High school students in Alabama share some favorite slang terms. If someone tells you to touch grass, they’re telling you to get a reality check — but the last thing you’d actually want to touch is dog water! Also, the history of the word hangover, and the many names, in several languages, for the effects of drinking too much alcohol. Plus, Do you smell what I’m stepping in? If you do, that means you’re following what someone is saying to you. And Erin vs. Aaron, bloodynoun, cute little whiffet, a calming puzzle, leaning toward sawyers, the skinny, custard wind, swamp-gahoon, hicklesnifter, gillygaloo, whiffle-poofle, and guyascutus.
This episode first aired October 15, 2022.
If I Tell You A Hen Dips Snuff
We were invited by Huntsville, Alabama, public radio station WLRH to do a live appearance at the U.S. Space & Rocket Center. During the Q&A, a listener shared a version of the phrase If I tell you a hen dips snuff, you can look under its wing (and you’ll find a whole can).
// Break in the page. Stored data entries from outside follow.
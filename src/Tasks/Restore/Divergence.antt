-- ===== src/Tasks/Restore/Divergence.antt =====
-- Where a replica that is restored from a snapshot (`taskRestorer`, `restoreIndexes`) differs from
-- the one that the snapshot was taken of.
use moab.Base.{
  ℕ, ◌≡◌, sym, ◌∙◌, Bool-cases, inl, inr, Bool, true, false, [], none, some, ok, fail, not_found,
  arith, is_set,
}
use moab.Base.Word.{sle}
use moab.Tasks.Types.{QueueId, Task, TaskState, Thread, DeadLetterQueueConfig}
use moab.Tasks.Monad.{thread_key, Stores, Db, queue_of, item, pure, ◌>>=◌, ◌>>◌, >>=-eq-ok}
use moab.Tasks.Access.{
  tasks_set, dedupe_set, dedupe_delete, queue_index_add, queue_index_delete, in_progress_index_add,
  in_progress_index_delete, dead_tasks_index_add, expiration_add, expiration_remove, threads_get,
  threads_delete, thread_index_add, thread_index_remove, thread_index_items, counters_get,
  counters_set,
}
use moab.Tasks.Threads.{
  read_earliest, detach_task_from_thread, promote_next_thread_head, promote_with,
}
use moab.Tasks.Lifecycle.{after_seconds, bury_task, release_task, evict_excess_dead_tasks}
use moab.Tasks.Dequeue.{lease_task}
use moab.Tasks.Restore.{restore_task, restore_thread_place, restore_indexes, restore_state_index}

module _ ⦃S : Stores⦄ where
  restore_indexes-has :
      (owns : QueueId → Bool) (task : Task) (is_head : Bool) (db after : Db)
      → restore_indexes owns task is_head db ≡ ok (tt, after)
      → S.expiration.has after.expiration tt (item task.expires_at task.id) ≡ true
  unfolding restore_indexes restore_state_index tasks_set dedupe_set queue_index_add
      in_progress_index_add dead_tasks_index_add expiration_add
  restore_indexes-has owns task is_head db after e =
      ground (arith, S.expiration.has-add_self db.expiration tt (item task.expires_at task.id))

  -- A restore that takes the task writes its indexes last.
  restored-has :
      (owns : QueueId → Bool) (task : Task) (db after : Db)
      → (restore_thread_place owns task >>= λ is_head.
            restore_indexes owns task is_head >> pure true)
          db
        ≡ ok (true, after)
      → S.expiration.has after.expiration tt (item task.expires_at task.id) ≡ true
  restored-has owns task db after e =
      let (is_head, mid, _, rest) =
        >>=-eq-ok (restore_thread_place owns task)
          (λ is_head. restore_indexes owns task is_head >> pure true) db e in
      let (_, last, done, same) =
        >>=-eq-ok (restore_indexes owns task is_head) (λ _. pure true) mid rest in
      restore_indexes-has owns task is_head mid after (ground (arith, done, same))

  restore_task-has :
      (owns : QueueId → Bool) (task : Task) (db after : Db)
      → restore_task owns task db ≡ ok (true, after)
      → S.expiration.has after.expiration tt (item task.expires_at task.id) ≡ true
  unfolding restore_task
  restore_task-has owns task db after e = elim (Bool-cases (owns (queue_of task.id))) [
    | inl own ↦ restored-has owns task db after (rw own at e)
    | inr foreign ↦ ground (arith, foreign, e)
  ]

  lease_task-has :
      (q : QueueId) (now keepalive : ℕ) (task : Task) (db after : Db) (t : Task)
      → lease_task q now keepalive task db ≡ ok (t, after)
      → S.expiration.has after.expiration tt (item t.expires_at t.id) ≡ false
  unfolding lease_task queue_index_delete expiration_remove tasks_set in_progress_index_add
  lease_task-has q now keepalive task db after t e =
      ground (arith, S.expiration.has-remove_self db.expiration tt (item task.expires_at task.id))

  -- A task that has been handed out is not in the expiration index under its deadline; after the
  -- same task has been restored into other contents, it is.
  pub restored_lease_is_tracked :
      (owns : QueueId → Bool) (q : QueueId) (now keepalive : ℕ) (task : Task)
      (db after other restored : Db) (t : Task)
      → lease_task q now keepalive task db ≡ ok (t, after)
      → restore_task owns t other ≡ ok (true, restored)
      → (S.expiration.has after.expiration tt (item t.expires_at t.id) ≡ false)
        × (S.expiration.has restored.expiration tt (item t.expires_at t.id) ≡ true)
  restored_lease_is_tracked owns q now keepalive task db after other restored t one two = (
    lease_task-has q now keepalive task db after t one,
    restore_task-has owns t other restored two,
  )

  -- Restoring a threaded task whose thread has no row fails.
  restore_without_thread :
      (owns : QueueId → Bool) (task : Task) (db : Db)
      → owns (queue_of task.id) ≡ true
      → is_set task.thread_id ≡ true
      → S.threads.get db.threads (thread_key (queue_of task.id) task.thread_id) ≡ none
      → restore_task owns task db ≡ fail not_found
  unfolding restore_task restore_thread_place thread_index_add threads_get
  restore_without_thread owns task db own threaded gone = rw (own, threaded, gone)

  -- The dead task that `bury_task` stores.
  abbrev pub corpse_of : Task → ℕ → DeadLetterQueueConfig → Task
  corpse_of task now config = record task {
    state = TaskState.dead;
    last_failed_at = now;
    expires_at = after_seconds now config.retention_period_in_seconds;
  }

  -- Detaching the only member of a thread removes the thread's row.
  detach_last :
      (task : Task) (thread : Thread) (db : Db)
      → S.threads.get db.threads (thread_key (queue_of task.id) task.thread_id) ≡ some thread
      → thread.head_task_id ≡ task.id
      → thread.thread_id ≡ task.thread_id
      → S.threaded_tasks_index.items
          (S.threaded_tasks_index.remove db.threaded_tasks_index
            (thread_key (queue_of task.id) task.thread_id)
            (item task.scheduled_at task.id.task_id))
          (thread_key (queue_of task.id) task.thread_id)
        ≡ []
      → detach_task_from_thread task db
        ≡ ok (
          tt,
          record db {
            threads = S.threads.erase db.threads (thread_key (queue_of task.id) task.thread_id);
            threaded_tasks_index =
                S.threaded_tasks_index.remove db.threaded_tasks_index
                  (thread_key (queue_of task.id) task.thread_id)
                  (item task.scheduled_at task.id.task_id);
          },
        )
  unfolding detach_task_from_thread thread_index_remove threads_get promote_next_thread_head
      thread_index_items read_earliest promote_with threads_delete
  detach_last task thread db row head name alone = ground (
    arith,
    S.threads.missing_present db.threads (thread_key (queue_of task.id) task.thread_id) thread row,
  )

  -- The hypotheses of `detach_last`, for a task and the contents that it is read from.
  pub record IsLastMember (task : Task) (thread : Thread) (db : Db) : Type 0 where
    pub row : S.threads.get db.threads (thread_key (queue_of task.id) task.thread_id) ≡ some thread
    pub head : thread.head_task_id ≡ task.id
    pub name : thread.thread_id ≡ task.thread_id
    pub alone :
        S.threaded_tasks_index.items
          (S.threaded_tasks_index.remove db.threaded_tasks_index
            (thread_key (queue_of task.id) task.thread_id)
            (item task.scheduled_at task.id.task_id))
          (thread_key (queue_of task.id) task.thread_id)
        ≡ []

  release_last :
      (task : Task) (thread : Thread) (db after : Db)
      → is_set task.thread_id ≡ true
      → IsLastMember task thread db
      → release_task task db ≡ ok (tt, after)
      → (after.threads ≡ S.threads.erase db.threads (thread_key (queue_of task.id) task.thread_id))
        × (after.tasks ≡ db.tasks)
  unfolding release_task dedupe_delete
  release_last task thread db after threaded last e =
      let keys : S.dedupe_keys_index.Rows =
        S.dedupe_keys_index.erase db.dedupe_keys_index
          (thread_key (queue_of task.id) task.dedupe_key) in
      elim (Bool-cases (is_set task.dedupe_key)) [
        | inl k ↦ ground (
          arith,
          detach_last task thread (record db { dedupe_keys_index = keys }) last.row last.head
              last.name last.alone,
        )
        | inr k ↦ ground (arith, detach_last task thread db last.row last.head last.name last.alone)
      ]

  evict_off :
      (q : QueueId) (max_size n : ℕ) (db : Db)
      → max_size ≡ 0
      → evict_excess_dead_tasks q max_size n db ≡ ok (tt, db)
  unfolding evict_excess_dead_tasks sle
  evict_off q max_size n db off = rw off

  -- Burying the last member of a thread takes the thread's row away.
  bury_last :
      (task : Task) (thread : Thread) (now : ℕ) (config : DeadLetterQueueConfig) (db after : Db)
      → is_set task.thread_id ≡ true
      → IsLastMember task thread db
      → config.max_size ≡ 0
      → bury_task task now config db ≡ ok (tt, after)
      → (after.threads ≡ S.threads.erase db.threads (thread_key (queue_of task.id) task.thread_id))
        × (S.tasks.get after.tasks task.id ≡ some (corpse_of task now config))
  unfolding bury_task in_progress_index_delete tasks_set expiration_add dead_tasks_index_add
      counters_get counters_set
  bury_last task thread now config db after threaded last off e =
      let mid : Db = record db {
        in_progress_index =
            S.in_progress_index.remove db.in_progress_index (queue_of task.id)
              (item task.visible_at task.id.task_id);
        tasks = S.tasks.set db.tasks task.id (corpse_of task now config);
        expiration =
            S.expiration.add db.expiration tt (item (corpse_of task now config).expires_at task.id);
      } in
      let (_, mid', one, rest) = >>=-eq-ok (release_task (corpse_of task now config)) _ mid e in
      let (gone, kept) =
        release_last (corpse_of task now config) thread mid mid' threaded
          (record { row = last.row; head = last.head; name = last.name; alone = last.alone }) one in
      let done = sym (evict_off _ config.max_size _ _ off) ∙ rest in
      (
        ground (arith, gone),
        ground (arith, kept, S.tasks.get-set_self db.tasks task.id (corpse_of task now config)),
      )

  -- If a task is the head and the last member of its thread, and burying it succeeds under a
  -- dead letter queue without a maximum size, then the row of the task is the dead task, and
  -- restoring that dead task fails because a row is missing, in any contents with the row of
  -- that thread as it is after the burial, on a shard that owns the queue.
  pub buried_last_member_unrestorable :
      (owns : QueueId → Bool) (task : Task) (thread : Thread) (now : ℕ)
      (config : DeadLetterQueueConfig) (db after other : Db)
      → owns (queue_of task.id) ≡ true
      → is_set task.thread_id ≡ true
      → IsLastMember task thread db
      → config.max_size ≡ 0
      → bury_task task now config db ≡ ok (tt, after)
      → S.threads.get other.threads (thread_key (queue_of task.id) task.thread_id)
        ≡ S.threads.get after.threads (thread_key (queue_of task.id) task.thread_id)
      → (S.tasks.get after.tasks task.id ≡ some (corpse_of task now config))
        × (restore_task owns (corpse_of task now config) other ≡ fail not_found)
  buried_last_member_unrestorable owns task thread now config db after other own threaded last off e
        same =
      let (gone, stored) = bury_last task thread now config db after threaded last off e in
      (
        stored,
        restore_without_thread owns (corpse_of task now config) other own threaded (
            same
            ∙ rw gone (
                S.threads.get-erase_self db.threads
                  (thread_key (queue_of task.id) task.thread_id))),
      )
It means “What I’m saying is true, and if you don’t believe it, you can check it out for yourself.” This phrase, and versions of it, have long been a part of Black American English. In a letter recorded in Louis: The Louis Armstrong Story, 1900-1971 (Bookshop|Amazon), jazz great Louis Armstrong once wrote to his biographer: If I tell you that a Hen Dip Snuff, you just look under her wings and you’ll find a whole can full. Meaning I don’t waste words either. Interested in booking us for a live appearance in your hometown? Just look under our link!
Does the Drinking “Hangover” Come from Sleeping Over a Rope?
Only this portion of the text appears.